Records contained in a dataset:
※ ※ ※
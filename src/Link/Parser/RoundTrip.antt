-- ===== src/Link/Parser/RoundTrip.antt =====
-- A frame that was formatted is parsed back.
pub mod Steps
use dnp.Prelude.{
  ℕ, zero, suc, ◌+◌, ◌-◌, ◌≤◌, ◌<◌, ◌≡◌, refl, sym, ap, ◌∙◌, true, false, some, List, [], ◌∷◌, ◌++◌,
  if◌then◌else◌, arith, length, take, drop, get_or, write_at, lt→ltb, take-append, take_all,
  append-nil, length-write_at, length-take,
}
use dnp.Link.Crc.{is_correct_crc, add_crc}
use dnp.Link.Header.{
  LinkHeader, LinkHeaderFields, read_header, write_header, header_bytes, header_fields,
  valid_length,
}
use dnp.Link.HeaderLaws.{read-write_header}
use dnp.Link.Frame.{
  calc_frame_size, calc_user_data_size, write_user_data, validate_body_crc, read_blocks,
}
use dnp.Link.Blocks.{is_correct_crc-add_crc, length-write_blocks, validate_blocks-write_blocks}
use dnp.Link.InPlace.{Moved, extract, extract-write_blocks, read_blocks-Moved}
use dnp.Link.Validation.{user_data_length, validate_function_code, validate_payload}
use dnp.Link.Buffer.{
  ShiftableBuffer, num_bytes_read, read_buffer, advance_write, shift, sync, sync_loop,
}
use dnp.Link.Parser.{
  find_sync, read_header_state, read_body, complete, LinkLayerParser, parse_sync, parse_header,
  parse_body, read_frame_header, validate_header_parameters, validate_body, transfer_user_data,
  parse_one_step, state_eq, parse_until_complete, pushed_frame, push_frame, push_frames, on_read,
  fill, receive, step_fuel, frame_fuel,
}
use dnp.Link.Parser.RoundTrip.Steps.{
  Accepted, frame_bytes, Holding, size-bound, length-frame_bytes, frame_size-le, step_sync,
  step_header, step_body, pushed,
}

step_complete : (p : LinkLayerParser) → p.state ≡ complete → parse_one_step p ≡ p
unfolding parse_one_step
step_complete p e = ground (arith, e)

push_frames-more :
    (fuel : ℕ) (p p' p'' : LinkLayerParser) (frames : List (LinkHeaderFields × List ℕ))
    → parse_until_complete step_fuel p ≡ some p'
    → p'.state ≡ complete
    → push_frames fuel (push_frame p') ≡ some (p'', frames)
    → push_frames (suc fuel) p ≡ some (p'', pushed_frame p' ∷ frames)
unfolding push_frames
push_frames-more fuel p p' p'' frames e s r = ground (arith, e, s, r)

push_frames-stop :
    (fuel : ℕ) (p p' : LinkLayerParser)
    → parse_until_complete step_fuel p ≡ some p'
    → state_eq p'.state complete ≡ false
    → push_frames (suc fuel) p ≡ some (p', [])
unfolding push_frames
push_frames-stop fuel p p' e s = ground (arith, e, s)

step_idle :
    (p : LinkLayerParser)
    → p.state ≡ find_sync
    → num_bytes_read p.buffer < 10
    → parse_one_step p ≡ p
unfolding parse_one_step parse_sync
step_idle p e h = ground (arith, e, h)

until_more :
    (fuel : ℕ) (p p' : LinkLayerParser)
    → parse_one_step p ≡ p'
    → state_eq p'.state p.state ≡ false
    → parse_until_complete (suc fuel) p ≡ parse_until_complete fuel p'
unfolding parse_until_complete
until_more fuel p p' e s =
    ap (λ q. if state_eq q.state p.state then some q else parse_until_complete fuel q) e
    ∙ ap (λ b. if b then some p' else parse_until_complete fuel p') s

until_done :
    (fuel : ℕ) (p p' : LinkLayerParser)
    → parse_one_step p ≡ p'
    → state_eq p'.state p.state ≡ true
    → parse_until_complete (suc fuel) p ≡ some p'
unfolding parse_until_complete
until_done fuel p p' e s =
    ap (λ q. if state_eq q.state p.state then some q else parse_until_complete fuel q) e
    ∙ ap (λ b. if b then some p' else parse_until_complete fuel p') s

module _ (p : LinkLayerParser) (h : LinkHeader) (payload : List ℕ) (a : Accepted h payload)
    (c : Holding p h payload) where
  with_header : LinkLayerParser
  with_header = record p {
    header = h;
    frame_size = calc_frame_size (length payload);
    state = read_body;
  }

  completed : LinkLayerParser
  unfolding with_header
  completed = record (transfer_user_data with_header) { state = complete }

  held : (q : LinkLayerParser) → q.buffer ≡ p.buffer → Holding q h payload
  held q e = record {
    tail = c.tail;
    memory = ap (λ (b : ShiftableBuffer). b.bytes) e ∙ c.memory;
    start = ap (λ (b : ShiftableBuffer). b.read_pos) e ∙ c.start;
    whole = ap (λ (b : ShiftableBuffer). b.write_pos) e ∙ c.whole;
    large = ap (λ (b : ShiftableBuffer). length b.bytes) e ∙ c.large;
  }

  until_completed :
      (fuel : ℕ)
      → p.state ≡ find_sync
      → parse_until_complete (suc (suc (suc (suc fuel)))) p ≡ some completed
  unfolding completed with_header
  until_completed fuel e =
      until_more (suc (suc (suc fuel))) p _ (step_sync p h payload a c e)
        (ap (λ s. state_eq read_header_state s) e)
      ∙ until_more (suc (suc fuel)) _ _
          (step_header (record p { state = read_header_state }) h payload a (held _ refl) refl) refl
      ∙ until_more (suc fuel) _ _ (step_body with_header h payload a (held _ refl) refl refl refl)
          refl
      ∙ until_done fuel completed completed (step_complete completed refl) refl

  completed-header : pushed_frame completed ≡ (header_fields h, payload)
  unfolding completed with_header
  completed-header = pushed with_header h payload a (held _ refl) refl c.start

  -- Behind the frame there is nothing to read, and the parser stays where it is.
  idle_behind :
      (fuel : ℕ)
      → parse_until_complete (suc fuel) (push_frame completed) ≡ some (push_frame completed)
  unfolding completed with_header push_frame transfer_user_data
  idle_behind fuel = until_done fuel _ _ (step_idle _ refl (omega (arith, c.start, c.whole))) refl

  push_frames-completed :
      p.state ≡ find_sync
      → push_frames frame_fuel p ≡ some (push_frame completed, (header_fields h, payload) ∷ [])
  unfolding completed push_frame
  push_frames-completed e =
      push_frames-more 292 p completed (push_frame completed) [] (until_completed 1196 e) refl
        (push_frames-stop 291 _ _ (idle_behind 1199) refl)
      ∙ ap (λ d. some (push_frame completed, d ∷ [])) completed-header

-- A parser that stands at the front of its buffer, with nothing to read.
pub record Fresh (p : LinkLayerParser) : Type 0 where
  pub searches : p.state ≡ find_sync
  pub start : p.buffer.read_pos ≡ 0
  pub empty : p.buffer.write_pos ≡ 0
  pub large : length p.buffer.bytes ≡ 292

behind-Fresh :
    (p : LinkLayerParser) (h : LinkHeader) (payload : List ℕ) (a : Accepted h payload)
    (c : Holding p h payload)
    → let q = push_frame (completed p h payload a c) in Fresh (record q { buffer = shift q.buffer })
unfolding push_frame completed with_header transfer_user_data shift
behind-Fresh p h payload a c =
    let q = push_frame (completed p h payload a c) in
    record {
      searches = refl;
      start = refl;
      empty = omega (arith, c.start, c.whole);
      large =
          length-write_at 0 (read_buffer q.buffer) q.buffer.bytes (
            omega (
              arith,
              c.start,
              c.whole,
              length-take (num_bytes_read q.buffer) (drop q.buffer.read_pos q.buffer.bytes),
            ))
          ∙ (read_blocks-Moved (h.length - 5) p.buffer.bytes (p.buffer.read_pos + 10) 0
              (h.length - 5) (omega arith) (omega arith)
              (omega (
                arith,
                c.start,
                c.large,
                a.counted,
                a.short,
                size-bound (h.length - 5) (omega (arith, a.counted, a.short)),
              ))).size
          ∙ c.large;
    }

module _ (p : LinkLayerParser) (h : LinkHeader) (payload : List ℕ) (a : Accepted h payload)
    (f : Fresh p) where
  filled : LinkLayerParser
  filled =
      let q = fill (frame_bytes h payload) p in
      record q { buffer = advance_write (length (frame_bytes h payload)) q.buffer }

  filled-Holding : Holding filled h payload
  unfolding filled fill advance_write
  filled-Holding = record {
    tail = drop (0 + length (frame_bytes h payload)) p.buffer.bytes;
    memory = ap (λ n. write_at n (frame_bytes h payload) p.buffer.bytes) f.empty;
    start = f.start;
    whole = omega (arith, f.empty, length-frame_bytes h payload a);
    large =
        length-write_at p.buffer.write_pos (frame_bytes h payload) p.buffer.bytes (
          omega
            (arith, f.empty, f.large, length-frame_bytes h payload a, frame_size-le h payload a))
        ∙ f.large;
  }

  -- A parser with nothing to read that receives the bytes of a frame hands on the frame's header and its
  -- payload, and nothing else, and has nothing to read again. The header is one that the parser accepts
  -- (its length is five more than the payload's, its function's flags and payload are as the function
  -- requires), and the payload has at most 250 bytes.
  pub receive-frame_bytes :
      (q : LinkLayerParser) × (receive (frame_bytes h payload) p
        ≡ some (q, (header_fields h, payload) ∷ []))
      × Fresh q
  unfolding receive on_read filled
  receive-frame_bytes =
      let q = push_frame (completed filled h payload a filled-Holding) in
      (
        record q { buffer = shift q.buffer },
        rw (push_frames-completed filled h payload a filled-Holding f.searches, on_read) refl,
        behind-Fresh filled h payload a filled-Holding,
      )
※ ※ ※
• _BRIEF_:
Look through the entries and copy every line in which the string "Steps" appears.

• _ANSWER_:
pub mod Steps
use dnp.Link.Parser.RoundTrip.Steps.{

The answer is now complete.